Saved entries

+===+

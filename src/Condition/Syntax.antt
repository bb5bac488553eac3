-- ===== src/Condition/Syntax.antt =====
-- impl/lnpl/condition.py: the parsed forms and the exceptions.
use linkly.Base.{ℕ, Bool, List}
use linkly.Base.Text.{Text}
use linkly.Lexer.Words.{Comparator, ArithOp, PresenceKind, NumericKind, AggFunc}

-- `Ref` and `Lit`, the operands; a `Lit` carries `is_duration`.
pub data Operand : Type 0 where
  ref : Text → Operand
  lit : ℕ → Bool → Operand

-- `Value`: an operand, or `Arith` with exactly one operator.
pub data Value : Type 0 where
  operand : Operand → Value
  arith_of : Operand → ArithOp → Operand → Value

-- `AssignRHS`: a `Value`, an `Aggregate`, or a `FormatCall` with its template and references.
pub data AssignRhs : Type 0 where
  value : Value → AssignRhs
  aggregate : AggFunc → Text → AssignRhs
  format_call : Text → List Text → AssignRhs

-- What `_parse_term` returns: `Presence`, `NumericPredicate` or `Comparison`.
pub data Term : Type 0 where
  presence : Text → PresenceKind → Term
  numeric : Text → NumericKind → Term
  comparison : Value → Comparator → Value → Term

-- `Condition` without `None`: one term, or an `And`.
pub data Condition : Type 0 where
  single : Term → Condition
  and_of : List Term → Condition

-- `ConditionError`, one constructor for each place that raises it, and the `ValueError` of `And`.
pub data ConditionError : Type 0 where
  empty_and_side : ConditionError
  too_short : ConditionError
  presence_in_and : ConditionError
  bad_field : ConditionError
  no_comparator : ConditionError
  many_comparators : ConditionError
  missing_operand : ConditionError
  bad_arith_op : ConditionError
  nested_arith : ConditionError
  literal_range : ConditionError
  duration_range : ConditionError
  bad_operand : ConditionError
  and_value_error : ConditionError
  no_set : ConditionError
  no_to : ConditionError
  bad_target_count : ConditionError
  bad_target : ConditionError
  no_value : ConditionError
  aggregate_shape : ConditionError
  bad_aggregate_ref : ConditionError
  no_format : ConditionError
  format_shape : ConditionError
  no_from : ConditionError
  bad_template : ConditionError
  embedded_quote : ConditionError
  no_with : ConditionError
  empty_with : ConditionError
  bad_argument : ConditionError
  placeholder_count : ConditionError
  missing_template : ConditionError
  missing_value : ConditionError
  not_date_time : ConditionError
  no_zone : ConditionError
  invalid_date : ConditionError
  invalid_date_time : ConditionError
  instant_range : ConditionError
  year_range : ConditionError
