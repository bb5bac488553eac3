-- ===== src/Lexer/Duration.antt =====
-- impl/lnpl/lexer.py: `is_duration`, `duration_ms_or_none` and `parse_duration_ms`.
pub mod Reads
use linkly.Base.{
  ℕ, ◌*◌, ◌≡◌, refl, Bool, true, false, Option, none, some, List, [], ◌∷◌, ltb, if◌then◌else◌,
}
use linkly.Base.Result.{Result, ok, err}
use linkly.Base.Text.{Text, codes, all_digits, int_of, int_from, cut_suffix}
use linkly.Lexer.Words.{int64_max}

-- DURATION_UNIT_MS: the units.
pub data DurationUnit : Type 0 where
  millis secs mins hours days : DurationUnit

abbrev pub unit_text : DurationUnit → Text
unit_text millis = codes "ms"
unit_text secs = codes "s"
unit_text mins = codes "m"
unit_text hours = codes "h"
unit_text days = codes "d"

abbrev pub unit_ms : DurationUnit → ℕ
unit_ms millis = 1
unit_ms secs = 1000
unit_ms mins = 60000
unit_ms hours = 3600000
unit_ms days = 86400000

-- DURATION_SCAN: sorted by the length of the suffix, the longest first, and otherwise in order.
abbrev pub duration_scan : List DurationUnit
duration_scan = millis ∷ secs ∷ mins ∷ hours ∷ days ∷ []

-- The exceptions of the duration functions: OverflowError, and the two LexErrors.
pub data DurationError : Type 0 where
  overflow : DurationError
  lex_overflow : DurationError
  not_a_duration : DurationError

-- One turn of the loops: the digits in front of the unit, if `tok` is digits and then the unit.
unfoldable pub unit_head : Text → DurationUnit → Option Text
unit_head tok unit = elim (cut_suffix (unit_text unit) tok) [
  | none ↦ none
  | some head ↦ if all_digits head then some head else none
]

unfoldable pub is_duration_in : List DurationUnit → Text → Bool
is_duration_in [] tok = false
is_duration_in (unit ∷ units) tok =
    let rest = is_duration_in units tok in
    elim (unit_head tok unit) [ none ↦ rest | some head ↦ true ]

unfoldable pub is_duration : Text → Bool
is_duration tok = is_duration_in duration_scan tok

unfoldable pub duration_in : List DurationUnit → Text → Result DurationError (Option ℕ)
duration_in [] tok = ok none
duration_in (unit ∷ units) tok =
    let rest = duration_in units tok in
    elim (unit_head tok unit) [
      | none ↦ rest
      | some head ↦
          if ltb int64_max (int_of head * unit_ms unit)
          then err overflow
          else ok (some (int_of head * unit_ms unit))
    ]

unfoldable pub duration_ms_or_none : Text → Result DurationError (Option ℕ)
duration_ms_or_none tok = duration_in duration_scan tok

-- What `parse_duration_ms` makes of the outcome: an overflow is raised again as a LexError.
lex_duration : Result DurationError (Option ℕ) → Result DurationError ℕ
lex_duration (err e) = err lex_overflow
lex_duration (ok none) = err not_a_duration
lex_duration (ok (some value)) = ok value

unfoldable pub parse_duration_ms : Text → Result DurationError ℕ
unfolding lex_duration
parse_duration_ms tok = lex_duration (duration_ms_or_none tok)

three_seconds : parse_duration_ms (codes "3s") ≡ ok 3000
unfolding parse_duration_ms duration_ms_or_none duration_in unit_head cut_suffix all_digits int_from
three_seconds = refl
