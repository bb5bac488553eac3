-- ===== src/Condition/Parse.antt =====
-- impl/lnpl/condition.py: `parse_condition` and the parsing internals.
use linkly.Base.{
  ℕ, Bool, true, false, not, List, [], ◌∷◌, ◌++◌, ltb, if◌then◌else◌, all, length, Option, none,
  some,
}
use linkly.Base.Result.{Result, ok, err, ◌>>=◌}
use linkly.Base.Text.{Text, codes, same_text, all_digits, int_of}
use linkly.Base.Words.{words}
use linkly.Lexer.Words.{
  Comparator, ArithOp, PresenceKind, NumericKind, comparator?, arith_op?, presence_kind?,
  numeric_kind?, int64_max,
}
use linkly.Lexer.Duration.{DurationError, duration_ms_or_none}
use linkly.Condition.Names.{is_reference_name}
use linkly.Condition.Syntax.{
  Operand, ref, lit, Value, operand, arith_of, Term, presence, numeric, comparison, Condition,
  single, and_of, ConditionError, empty_and_side, too_short, presence_in_and, bad_field,
  no_comparator, many_comparators, missing_operand, bad_arith_op, nested_arith, literal_range,
  duration_range, bad_operand, and_value_error,
}

-- A result of the parser.
abbrev pub Parsed : Type 0 → Type 0
Parsed A = Result ConditionError A

-- What `_parse_operand` does with the outcome of `duration_ms_or_none`.
abbrev pub duration_or_ref : Text → Result DurationError (Option ℕ) → Parsed Operand
duration_or_ref token (err e) = err duration_range
duration_or_ref token (ok (some ms)) = ok (lit ms true)
duration_or_ref token (ok none) =
    if is_reference_name token then ok (ref token) else err bad_operand

-- `_parse_operand`
unfoldable pub parse_operand : Text → Parsed Operand
parse_operand token =
    if all_digits token
    then if ltb int64_max (int_of token) then err literal_range else ok (lit (int_of token) false)
    else duration_or_ref token (duration_ms_or_none token)

-- `_parse_value` of three tokens, the operator in the middle.
abbrev pub parse_arith : Text → Option ArithOp → Text → Parsed Value
parse_arith left none right = err bad_arith_op
parse_arith left (some op) right = do
  l ← parse_operand left
  r ← parse_operand right
  ok (arith_of l op r)

-- `_parse_value`
unfoldable pub parse_value : List Text → Parsed Value
parse_value [] = err missing_operand
parse_value (token ∷ []) = do o ← parse_operand token; ok (operand o)
parse_value (left ∷ op ∷ right ∷ []) = parse_arith left (arith_op? op) right
parse_value _ = err nested_arith

-- `op_positions`: the tokens before the first comparator, the comparator, and those behind it.
unfoldable pub find_comparator : List Text → Option (List Text × Comparator × List Text)
find_comparator [] = none
find_comparator (tok ∷ toks) =
    let rest = find_comparator toks in
    elim (comparator? tok) [
      | some op ↦ some ([], op, toks)
      | none ↦ elim rest [ none ↦ none | some (left, op, right) ↦ some (tok ∷ left, op, right) ]
    ]

-- `_parse_term` from `op_positions` on.
abbrev pub parse_comparison : Option (List Text × Comparator × List Text) → Parsed Term
parse_comparison none = err no_comparator
parse_comparison (some (left, op, right)) = elim (find_comparator right) [
  | some more ↦ err many_comparators
  | none ↦ do l ← parse_value left; r ← parse_value right; ok (comparison l op r)
]

-- `_parse_term` of two tokens, by what the second one is.
abbrev pub parse_pair : Bool → Text → Text → Option PresenceKind → Option NumericKind → Parsed Term
parse_pair allow_presence field word (some kind) numeric_kind =
    if not allow_presence
    then err presence_in_and
    else if is_reference_name field
    then ok (presence field kind)
    else err bad_field
parse_pair allow_presence field word none (some kind) =
    if is_reference_name field then ok (numeric field kind) else err bad_field
parse_pair allow_presence field word none none =
    parse_comparison (find_comparator (field ∷ word ∷ []))

-- `_parse_term`
unfoldable pub parse_term : Bool → List Text → Parsed Term
parse_term allow_presence [] = err too_short
parse_term allow_presence (token ∷ []) = err too_short
parse_term allow_presence (field ∷ word ∷ []) =
    parse_pair allow_presence field word (presence_kind? word) (numeric_kind? word)
parse_term allow_presence toks = parse_comparison (find_comparator toks)

-- `_split_on_and`: the loop, with the group that is being filled.
unfoldable pub and_groups : List Text → List Text → List (List Text)
and_groups cur [] = cur ∷ []
and_groups cur (tok ∷ toks) = elim (same_text tok (codes "and")) [
  | true ↦ cur ∷ and_groups [] toks
  | false ↦ and_groups (cur ++ tok ∷ []) toks
]

-- Its check that no group is empty.
unfoldable pub check_groups : List (List Text) → Parsed (List (List Text))
check_groups [] = ok []
check_groups ([] ∷ groups) = err empty_and_side
check_groups ((tok ∷ toks) ∷ groups) = do rest ← check_groups groups; ok ((tok ∷ toks) ∷ rest)

unfoldable pub split_on_and : List Text → Parsed (List (List Text))
split_on_and tokens = check_groups (and_groups [] tokens)

-- The groups of an `and`, each parsed as a term.
unfoldable pub parse_terms : List (List Text) → Parsed (List Term)
parse_terms [] = ok []
parse_terms (group ∷ groups) = do
  term ← parse_term false group
  terms ← parse_terms groups
  ok (term ∷ terms)

-- The test of `And.__post_init__` on one term.
abbrev pub is_and_term : Term → Bool
is_and_term (presence field kind) = false
is_and_term (numeric field kind) = true
is_and_term (comparison left op right) = true

-- `And(terms)`
unfoldable pub make_and : List Term → Parsed Condition
make_and terms =
    if ltb (length terms) 2
    then err and_value_error
    else if all is_and_term terms
    then ok (and_of terms)
    else err and_value_error

-- `parse_condition` from `len(groups) == 1` on.
unfoldable pub parse_groups : List (List Text) → Parsed Condition
parse_groups (group ∷ []) = do term ← parse_term true group; ok (single term)
parse_groups groups = do terms ← parse_terms groups; make_and terms

-- `parse_condition` from `tokens = text.split()` on.
unfoldable pub parse_tokens : List Text → Parsed Condition
parse_tokens tokens = do groups ← split_on_and tokens; parse_groups groups

-- `parse_condition` on the words of the text; without any the text is no guard (`None`).
abbrev pub parse_words : List Text → Parsed (Option Condition)
parse_words [] = ok none
parse_words (tok ∷ toks) = do c ← parse_tokens (tok ∷ toks); ok (some c)

-- `parse_condition`; the tests `not text or not text.strip()` hold where `split` gives no word.
unfoldable pub parse_condition : Text → Parsed (Option Condition)
parse_condition text = parse_words (words text)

+===+

_EXERCISE PROMPT:_ Could you reproduce, exactly, every line above from the line with "on the words" to the line with "gives no word.", and no other line? Both ends count.

_RESPONSE BOX:_
-- `parse_condition` on the words of the text; without any the text is no guard (`None`).
abbrev pub parse_words : List Text → Parsed (Option Condition)
parse_words [] = ok none
parse_words (tok ∷ toks) = do c ← parse_tokens (tok ∷ toks); ok (some c)

-- `parse_condition`; the tests `not text or not text.strip()` hold where `split` gives no word.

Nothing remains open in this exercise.